Despite the prohibition of competition, the employee who has information about the employer’s customer environment or production secrets or the work done by the employer causes the employer’s loss by providing the employer’s customers must compensate the employer’s loss which results for this reason.

3. Non-solicitation of employees

As per Article 48 of the Constitution, everyone has freedom to work and contract in any field they wish. In this same article stated that it is also free to establish private enterprises. For this reason, principally, the employees cannot be restricted from working for other employers. However, a non-solicitation clause may be determined within the employment agreement. In other words, if an employee solicits other employees which would lead to resignations, then the employer may claim compensation. However, the employer must be able to prove that the employee is acting against the employment agreement, and that the employer is suffering damages.

Enforcement of Restrictive Covenants – Process and Remedies

The employee who violates the prohibition of competition is obliged to compensate for all the damages suffered by the employer as a result. If the violation of the prohibition is subject to a penalty and there is no contrary provision in the contract, the worker can get rid of his/her debt related to the prohibition of competition by paying the prescribed amount; however, the employee has to compensate for the damage exceeding this amount. In practice, a penal clause related to this issue is usually added to employment contracts. However, this amount of penal clause should not be exorbitant. The Supreme Court evaluates whether the amount of penal clause is exorbitant or not within the framework of “equity”. The burden of proof during claims regarding damages and/or penalty amounts will be on the employer.

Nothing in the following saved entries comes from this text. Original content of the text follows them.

-- ===== src/Dashboard/Loop/Window.antt =====
-- The dashboard shows the newest 32 of the events that pass the filter, in order.
use kernel_tracing.Prelude.{
  ℕ, zero, suc, ◌+◌, ◌%◌, ◌≤◌, ◌<◌, ◌≡◌, refl, sym, ap, ◌∙◌, false, List, ◌∷◌, ◌++◌, arith, ltb,
  lt→ltb, length, drop, update, newest, newest-append_room, newest-append_full,
  newest-newest_append, [],
}
use kernel_tracing.Prelude.Int.{to_uint}
use native.Mathlib.Decide.{dec_lt}
use kernel_tracing.Ring
use kernel_tracing.Ring.{window, IsRing}
use kernel_tracing.Ktrace.{TraceEvent}
use kernel_tracing.Dashboard.{update_counts, max_trace_rows, graph_width}
use kernel_tracing.Dashboard.Loop.{
  Dash, set_tick, elapsed, clear_slots, mark_activity, remember, accept,
}

abbrev pub slot : ℕ → ℕ
slot i = i % max_trace_rows

slot-IsRing : IsRing max_trace_rows slot
slot-IsRing = record {
  positive = omega arith;
  apart = λ i d lo hi. omega arith;
  follows = λ i j h. omega arith;
}

-- The events that the array `recent` holds, the oldest first.
abbrev pub visible : Dash → List TraceEvent
visible d = window slot d.recent d.recent_start d.recent_count

pub record IsShape (d : Dash) : Type 0 where
  pub count : d.recent_count ≤ max_trace_rows
  pub start : d.recent_start < max_trace_rows
  pub room : d.recent_count < max_trace_rows → d.recent_start ≡ 0

length-visible : (d : Dash) → length (visible d) ≡ d.recent_count
length-visible d = Ring.length-window 32 slot slot-IsRing d.recent d.recent_start d.recent_count

module _ (e : TraceEvent) (d : Dash) (s : IsShape d) where
  visible-room :
      d.recent_count < 32
      → visible (record d {
        recent = update d.recent d.recent_count e;
        recent_count = d.recent_count + 1;
      })
        ≡ visible d ++ e ∷ []
  visible-room h =
      let first : d.recent_start ≡ 0 = s.room h in
      let at : slot d.recent_count ≡ d.recent_count = omega arith in
      let one : d.recent_count + 1 ≡ suc d.recent_count = omega arith in
      (λ i. window slot (update d.recent (sym at i) e) d.recent_start (one i))
      ∙ Ring.window-push 32 slot slot-IsRing d.recent e d.recent_start d.recent_count d.recent_count
          h (omega arith)

  visible-full :
      d.recent_count ≡ 32
      → visible (record d {
        recent = update d.recent d.recent_start e;
        recent_start = (d.recent_start + 1) % 32;
      })
        ≡ drop 1 (visible d) ++ e ∷ []
  visible-full h =
      let at : slot d.recent_start ≡ d.recent_start = omega (arith, s.start) in
      (λ i. window slot (update d.recent (sym at i) e) ((d.recent_start + 1) % 32) (h i))
      ∙ Ring.window-wraps 32 slot slot-IsRing (update d.recent (slot d.recent_start) e) _
          (d.recent_start + 1) 32 (omega arith)
      ∙ Ring.window-push 32 slot slot-IsRing d.recent e (d.recent_start + 1) 31 d.recent_start
          (omega arith) (omega arith)
      ∙ ap (λ k. drop 1 (window slot d.recent d.recent_start k) ++ e ∷ []) (sym h)

  -- The array keeps the newest 32 of what it held and the new event.
  remember-newest :
      (visible (remember e d) ≡ newest 32 (visible d ++ e ∷ [])) × IsShape (remember e d)
  unfolding remember
  remember-newest = elim (dec_lt d.recent_count 32) [
    | yes h ↦ rw (lt→ltb d.recent_count 32 h) (
      visible-room h ∙ sym (newest-append_room 32 (visible d) e (omega (arith, length-visible d))),
      record { count = omega arith; start = s.start; room = λ lt. s.room h },
    )
    | no h ↦
        let all : d.recent_count ≡ 32 = omega (arith, s.count) in
        let off : ltb d.recent_count 32 ≡ false = ground arith in
        rw off (
          visible-full all
              ∙ sym (newest-append_full 32 (visible d) e (omega arith) (length-visible d ∙ all)),
          record { count = s.count; start = omega arith; room = λ lt. absurd (omega arith) },
        )
  ]

-- What no step but `remember` changes.
abbrev pub SameWindow : Dash → Dash → Type 0
SameWindow d d' =
    (d'.recent ≡ d.recent)
    × (d'.recent_count ≡ d.recent_count)
    × (d'.recent_start ≡ d.recent_start)
    × (d'.seen ≡ d.seen)

pub clear_slots-SameWindow : (n : ℕ) (d : Dash) → SameWindow d (clear_slots n d)
unfolding clear_slots
clear_slots-SameWindow zero d = (refl, refl, refl, refl)
clear_slots-SameWindow (suc n) d =
    let p = (d.activity_pos + 1) % graph_width in
    clear_slots-SameWindow n (record d { activity_pos = p; activity = update d.activity p 0 })

mark_activity-SameWindow : (e : TraceEvent) (d : Dash) → SameWindow d (mark_activity e d)
unfolding mark_activity
mark_activity-SameWindow e d =
    let d' = set_tick e.ticks d in
    ground (arith, clear_slots-SameWindow (elapsed (to_uint d'.last_tick) e.ticks) d')

pub visible-same : (d d' : Dash) → SameWindow d d' → visible d' ≡ visible d
visible-same d d' (r, c, t, _) = λ i. window slot (r i) (t i) (c i)

pub IsShape-same : (d d' : Dash) → SameWindow d d' → IsShape d → IsShape d'
IsShape-same d d' (r, c, t, _) s = record {
  count = rw c s.count;
  start = rw t s.start;
  room = λ h. t ∙ s.room (rw c at h);
}

-- What a round does to the window and to `seen`, for a new list of visible events.
abbrev pub Shows : Dash → List TraceEvent → ℕ → Type 0
Shows d l n = (visible d ≡ newest 32 l) × (d.seen ≡ n) × IsShape d

remember-seen : (e : TraceEvent) (d : Dash) → (remember e d).seen ≡ d.seen
unfolding remember
remember-seen e d = ground arith

pub accept-Shows :
    (e : TraceEvent) (d : Dash) (l : List TraceEvent) (n : ℕ)
    → Shows d l n
    → Shows (accept e d) (l ++ e ∷ []) n
unfolding accept
accept-Shows e d l n (v, k, s) =
    let d1 = record d { shown = update_counts e d.shown } in
    let same = mark_activity-SameWindow e d1 in
    let d2 = mark_activity e d1 in
    let kept : IsShape d1 = record { count = s.count; start = s.start; room = s.room } in
    let (v', s') = remember-newest e d2 (IsShape-same d1 d2 same kept) in
    (
      v'
          ∙ ap (λ w. newest 32 (w ++ e ∷ [])) (visible-same d1 d2 same ∙ v)
          ∙ newest-newest_append 32 l (e ∷ []),
      remember-seen e d2 ∙ same.3 ∙ k,
      s',
    )
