-- ===== src/Dashboard/Loop/Captured.antt =====
-- A whole run of the main loop: the dashboard holds the newest 32 of the events that pass the filter.
use kernel_tracing.Prelude.{
  ℕ, zero, suc, ◌+◌, ◌-◌, ◌≡◌, refl, ap, ◌∙◌, ◌≢◌, inl, inr, true, false, ◌||◌, List, [], ◌∷◌, ◌++◌,
  arith, ltb, ◌==◌, if◌then◌else◌, Bool-cases, length, take, newest,
}
use kernel_tracing.Prelude.Int.{ℤ, to_uint, to_int, lt_int}
use mathlib.Core.List.{append-nil, append_assoc}
use kernel_tracing.Ktrace.{TraceEvent}
use kernel_tracing.Dashboard.{Options, want_event}
use kernel_tracing.Dashboard.Draw.{Draw}
use kernel_tracing.Dashboard.Loop.{
  Dash, start, set_tick, elapsed, Input, failed, empty, got, Next, continue, idle, on_empty, accept,
  count_total, on_event, round, more, run,
}
use kernel_tracing.Dashboard.Loop.Window.{
  visible, IsShape, SameWindow, Shows, clear_slots-SameWindow, visible-same, IsShape-same,
  accept-Shows,
}

-- The events of a run that pass the filter.
abbrev pub wanted : Options → (self_pid : ℤ) → List TraceEvent → List TraceEvent
wanted o self [] = []
wanted o self (e ∷ es) =
    if want_event e o.filter_type o.filter_pid self then e ∷ wanted o self es else wanted o self es

-- Those that are captured when `seen` were captured before: all without a limit.
abbrev pub captured : Options → (self_pid : ℤ) → (seen : ℕ) → List TraceEvent → List TraceEvent
captured o self seen es =
    if o.limit == 0 then wanted o self es else take (o.limit - seen) (wanted o self es)

-- The events among the inputs.
abbrev pub events_of : List Input → List TraceEvent
events_of [] = []
events_of (failed ∷ is) = events_of is
events_of (empty first now ∷ is) = events_of is
events_of (got e ∷ is) = e ∷ events_of is

-- No input ends the run: traceread never fails, and without a limit it always has an event.
abbrev pub NeverEnds : Options → List Input → Type 0
NeverEnds o [] = Unit
NeverEnds o (failed ∷ is) = ⊥
NeverEnds o (empty first now ∷ is) = (o.limit ≢ 0) × NeverEnds o is
NeverEnds o (got e ∷ is) = NeverEnds o is

-- A round that goes on, to a state with property `P`.
abbrev GoesOn : Next → (Dash → Type 0) → Type 0
GoesOn next P = (d : Dash) × (out : List Draw) × (next ≡ continue d out) × P d

module _ (o : Options) (self : ℤ) where
  idle-GoesOn : (now : ℕ) (d : Dash) → GoesOn (idle o now d) (SameWindow d)
  unfolding idle
  idle-GoesOn now d =
      let d' = set_tick now d in
      let moved = clear_slots-SameWindow (elapsed (to_uint d'.last_tick) now) d' in
      elim (Bool-cases (lt_int d'.last_tick (to_int now))) [
        | inl h ↦ rw h (_, _, refl, ground (arith, moved))
        | inr h ↦ rw h (_, _, refl, ground arith)
      ]

  Shows-same :
      (d d' : Dash) (l : List TraceEvent) (n : ℕ) → SameWindow d d' → Shows d l n → Shows d' l n
  Shows-same d d' l n same (v, k, s) =
      (visible-same d d' same ∙ v, same.3 ∙ k, IsShape-same d d' same s)

  empty-GoesOn :
      (first now : ℕ) (d : Dash) (l : List TraceEvent) (n : ℕ)
      → o.limit ≢ 0
      → Shows d l n
      → GoesOn (on_empty o first now d) (λ d'. Shows d' l n)
  unfolding on_empty
  empty-GoesOn first now d l n live h =
      let off : (o.limit == 0) ≡ false = ground arith in
      let (d', out, e, same) = idle-GoesOn now d in rw off (d', out, e, Shows-same d d' l n same h)

  count_total-SameWindow : (e : TraceEvent) (d : Dash) → SameWindow d (count_total e d)
  unfolding count_total
  count_total-SameWindow e d = (refl, refl, refl, refl)

  event-GoesOn :
      (e : TraceEvent) (d : Dash) (l : List TraceEvent) (n : ℕ)
      → Shows d l n
      → GoesOn (on_event o self e d) (λ d'.
        if want_event e o.filter_type o.filter_pid self
        then Shows d' (l ++ e ∷ []) (n + 1)
        else Shows d' l n)
  unfolding on_event
  event-GoesOn e d l n h =
      let d1 = count_total e d in
      let h1 = Shows-same d d1 l n (count_total-SameWindow e d) h in
      elim (Bool-cases (want_event e o.filter_type o.filter_pid self)) [
        | inl w ↦
            let d2 = accept e d1 in
            let (v, k, s) = accept-Shows e d1 l n h1 in
            let kept : IsShape (record d2 { seen = d2.seen + 1 }) = record {
              count = s.count;
              start = s.start;
              room = s.room;
            } in
            rw w (record d2 { seen = d2.seen + 1 }, _, refl, (v, ap (λ m. m + 1) k, kept))
        | inr w ↦ rw w (_, _, refl, h1)
      ]

  -- Once the limit is met nothing more is captured.
  captured_none :
      (n : ℕ) (es : List TraceEvent)
      → ((o.limit == 0) || ltb n o.limit) ≡ false
      → captured o self n es ≡ []
  captured_none n es h =
      let set : (o.limit == 0) ≡ false = ground arith in
      let none_left : o.limit - n ≡ 0 = ground arith in rw (set, none_left)

  captured-wanted :
      (n : ℕ) (e : TraceEvent) (es : List TraceEvent)
      → ((o.limit == 0) || ltb n o.limit) ≡ true
      → want_event e o.filter_type o.filter_pid self ≡ true
      → captured o self n (e ∷ es) ≡ e ∷ captured o self (n + 1) es
  captured-wanted n e es h w = elim (Bool-cases (o.limit == 0)) [
    | inl z ↦ rw (z, w)
    | inr z ↦ let left : o.limit - n ≡ suc (o.limit - (n + 1)) = ground arith in rw (z, w, left)
  ]

  captured-unwanted :
      (n : ℕ) (e : TraceEvent) (es : List TraceEvent)
      → want_event e o.filter_type o.filter_pid self ≡ false
      → captured o self n (e ∷ es) ≡ captured o self n es
  captured-unwanted n e es w = rw w

  -- The state once the captured events `c` have come in.
  abbrev Arrived : Dash → List TraceEvent → ℕ → List TraceEvent → Type 0
  Arrived d l n c = Shows d (l ++ c) (n + length c)

  Arrived-none :
      (d : Dash) (l : List TraceEvent) (n : ℕ) (c : List TraceEvent)
      → c ≡ []
      → Shows d l n
      → Arrived d l n c
  Arrived-none d l n c e h = let z : n + 0 ≡ n = omega arith in rw (e, append-nil, z) h

  Arrived-one :
      (d : Dash) (l : List TraceEvent) (n : ℕ) (e : TraceEvent) (c : List TraceEvent)
      → Arrived d (l ++ e ∷ []) (n + 1) c
      → Arrived d l n (e ∷ c)
  Arrived-one d l n e c (v, k, s) =
      (v ∙ ap (newest 32) (append_assoc l (e ∷ []) c), k ∙ omega arith, s)

  run_stops :
      (i : Input) (is : List Input) (d : Dash) → more o d ≡ false → run o self (i ∷ is) d ≡ d
  unfolding run
  run_stops i is d h = ground arith

  run_goes_on :
      (i : Input) (is : List Input) (d d' : Dash) (out : List Draw)
      → more o d ≡ true
      → round o self i d ≡ continue d' out
      → run o self (i ∷ is) d ≡ run o self is d'
  unfolding run
  run_goes_on i is d d' out h e = ground arith

  captured-nil : (n : ℕ) → captured o self n [] ≡ []
  captured-nil n = elim (Bool-cases (o.limit == 0)) [
    | inl z ↦ rw z
    | inr z ↦ rw z (take-nil (o.limit - n))
  ]
    where
      take-nil : (k : ℕ) → take k (wanted o self []) ≡ []
      take-nil zero = refl
      take-nil (suc k) = refl

  run-Arrived :
      (is : List Input) (d : Dash) (l : List TraceEvent) (n : ℕ)
      → NeverEnds o is
      → Shows d l n
      → Arrived (run o self is d) l n (captured o self n (events_of is))
  unfolding round run
  run-Arrived [] d l n ne h = Arrived-none d l n _ (captured-nil n) h
  run-Arrived (failed ∷ is) d l n ne h = absurd ne
  run-Arrived (empty first now ∷ is) d l n ne h = elim (Bool-cases (more o d)) [
    | inl on ↦
        let (d', out, e, h') = empty-GoesOn first now d l n ne.0 h in
        rw (run_goes_on (empty first now) is d d' out on e) (run-Arrived is d' l n ne.1 h')
    | inr off ↦
        let spent : ((o.limit == 0) || ltb n o.limit) ≡ false = rw h.1 at off in
        rw (run_stops (empty first now) is d off)
          (Arrived-none d l n _ (captured_none n (events_of is) spent) h)
  ]
  run-Arrived (got e ∷ is) d l n ne h = elim (Bool-cases (more o d)) [
    | inl on ↦
        let room : ((o.limit == 0) || ltb n o.limit) ≡ true = rw h.1 at on in
        let (d', out, next, h') = event-GoesOn e d l n h in
        rw (run_goes_on (got e) is d d' out on next)
          (elim (Bool-cases (want_event e o.filter_type o.filter_pid self)) [
            | inl w ↦ rw (captured-wanted n e (events_of is) room w) (
                Arrived-one (run o self is d') l n e _
                  (run-Arrived is d' (l ++ e ∷ []) (n + 1) ne (rw w at h')))
            | inr w ↦
                rw (captured-unwanted n e (events_of is) w) (run-Arrived is d' l n ne (rw w at h'))
          ])
    | inr off ↦
        let spent : ((o.limit == 0) || ltb n o.limit) ≡ false = rw h.1 at off in
        rw (run_stops (got e) is d off)
          (Arrived-none d l n _ (captured_none n (e ∷ events_of is) spent) h)
  ]

-- A run of the main loop whose inputs never end it: the array holds, in order, the newest 32 of the
-- events that pass the filter, of which only the first `limit` count if there is a limit; and `seen`
-- is their number. The empty rounds of a run with a limit change nothing of this.
pub run-newest :
    (o : Options) (self : ℤ) (is : List Input) (old : ℕ → TraceEvent)
    → NeverEnds o is
    → (visible (run o self is (start old)) ≡ newest 32 (captured o self 0 (events_of is)))
      × ((run o self is (start old)).seen ≡ length (captured o self 0 (events_of is)))
unfolding start
run-newest o self is old ne =
    let begin : Shows (start old) [] 0 =
      (refl, refl, record { count = omega arith; start = omega arith; room = λ h. refl }) in
    let (v, k, _) = run-Arrived o self is (start old) [] 0 ne begin in (v, k ∙ omega arith)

Use and Limitations of Garden Leave

Garden leave is not a recognized concept under Turkish law. Therefore, an employer cannot put an employee in a leave while paying his/her salary, unless such employee accepts to be put in a leave. In this regard, if the employer wishes to put an employee in an administrative (garden) leave, the employmer must obtain the written approval of the employee. If the employee is put in a leave without his/her approval, he/she may theoretically terminate his/her employment agreement based on a just cause and demand severance payment, due to the fact that the right to work is a right protected under Turkish Constitution.